WORK INSTRUCTION: Scan the listing for the word "antt" and report every line that contains it.

INPUT RECORDS:
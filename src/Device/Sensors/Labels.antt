-- ===== src/Device/Sensors/Labels.antt =====
-- The labels and the counters of wespeSensorTable: firmware/components/mib/mib_sensor_table.c.
use wespe.Prelude.{
  ℕ, suc, ◌-◌, ◌≤◌, ◌≡◌, ◌≢◌, refl, arith, Bool-cases, inl, inr, true, ◌==◌, List, [], length,
  get_or, set, get_or-set_self, get_or-set_ne, if◌then◌else◌, c_string,
}
use wespe.Mib.Types.{MibResult, Varbind}
use wespe.Hal.Interfaces.{Hal, sensor_max_count}
use wespe.Device.Types.{Device, access_slot, with_octets}
use wespe.Device.Sensors.{
  col_label, is_blank, default_label, label_for, get_label, sensor_get_cell, sensor_set_cell,
  sensor_row_exists,
}

module _ {H : Type 0} (hal : Hal H) where
  get_cell_label :
      (i : ℕ) (d : Device H) (out : Varbind)
      → sensor_row_exists hal d i ≡ true
      → sensor_get_cell hal col_label i d out ≡ get_label i d out
  unfolding sensor_get_cell
  get_cell_label i d out h = rw (sensor_get_cell, h) refl

  set_label :
      (i : ℕ) (d : Device H) (vb : Varbind)
      → (sensor_set_cell hal col_label i d vb).0 ≡ MibResult.ok
      → (sensor_row_exists hal d i ≡ true)
        × (sensor_set_cell hal col_label i d vb ≡ (
          MibResult.ok,
          record (access_slot d.labels i d) { labels = set d.labels (i - 1) vb.octets },
        ))
  unfolding sensor_set_cell
  set_label i d vb e = (ground arith, ground arith)

  -- What a label reads as.
  abbrev pub label_text : ℕ → List ℕ → List ℕ
  label_text i slot = c_string (if is_blank slot then default_label i else slot)

  get_label-text :
      (i : ℕ) (d : Device H) (out : Varbind)
      → (get_label i d out).0 ≡ MibResult.ok
        × ((get_label i d out).1 ≡ with_octets (label_text i (get_or d.labels (i - 1) [])) out)
  unfolding get_label label_for
  get_label-text i d out = elim (Bool-cases (is_blank (get_or d.labels (i - 1) []))) [
    | inl blank ↦ (refl, rw blank refl)
    | inr named ↦ (refl, rw named refl)
  ]

  stored :
      (i j : ℕ) (d : Device H) (s : List ℕ)
      → length d.labels ≡ sensor_max_count
      → hal.sensor_count d.hardware ≤ sensor_max_count
      → sensor_row_exists hal d i ≡ true
      → sensor_row_exists hal d j ≡ true
      → get_or (set d.labels (i - 1) s) (j - 1) []
        ≡ (if j == i then s else get_or d.labels (j - 1) [])
  stored i j d s h count row row' = elim (Bool-cases (j == i)) [
    | inl same ↦
        let e : j ≡ i = ground arith in
        let inside : suc (i - 1) ≤ length d.labels = ground arith in
        rw (same, e) (get_or-set_self d.labels (i - 1) s [] inside)
    | inr other ↦
        let apart : i - 1 ≢ j - 1 = ground arith in
        rw other (get_or-set_ne d.labels (i - 1) (j - 1) s [] apart)
  ]

  -- A label of wespeSensorTable that was set reads back up to its first NUL, as the default if it
  -- was blank, and the other rows keep theirs; with as many labels as SENSOR_MAX_COUNT, and with
  -- drivers that keep to sensor.h, so that there are at most that many sensors.
  pub set_label-ReadsBack :
      (i j : ℕ) (d : Device H) (vb out : Varbind)
      → length d.labels ≡ sensor_max_count
      → hal.sensor_count d.hardware ≤ sensor_max_count
      → sensor_row_exists hal d j ≡ true
      → (sensor_set_cell hal col_label i d vb).0 ≡ MibResult.ok
      → ((sensor_get_cell hal col_label j (sensor_set_cell hal col_label i d vb).1 out).0
          ≡ MibResult.ok)
        × ((sensor_get_cell hal col_label j (sensor_set_cell hal col_label i d vb).1 out).1
            ≡ with_octets
                (label_text j (if j == i then vb.octets else get_or d.labels (j - 1) []))
                out)
  set_label-ReadsBack i j d vb out h count row' e =
      let (row, after) = set_label i d vb e in
      let d' = record (access_slot d.labels i d) { labels = set d.labels (i - 1) vb.octets } in
      rw (after, get_cell_label j d' out row', ← stored i j d vb.octets h count row row')
        (get_label-text j d' out)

SOLUTION TO THE EXERCISE:
filename src/Device/Sensors/Labels.antt
-- ===== src/Device/Sensors/Labels.antt =====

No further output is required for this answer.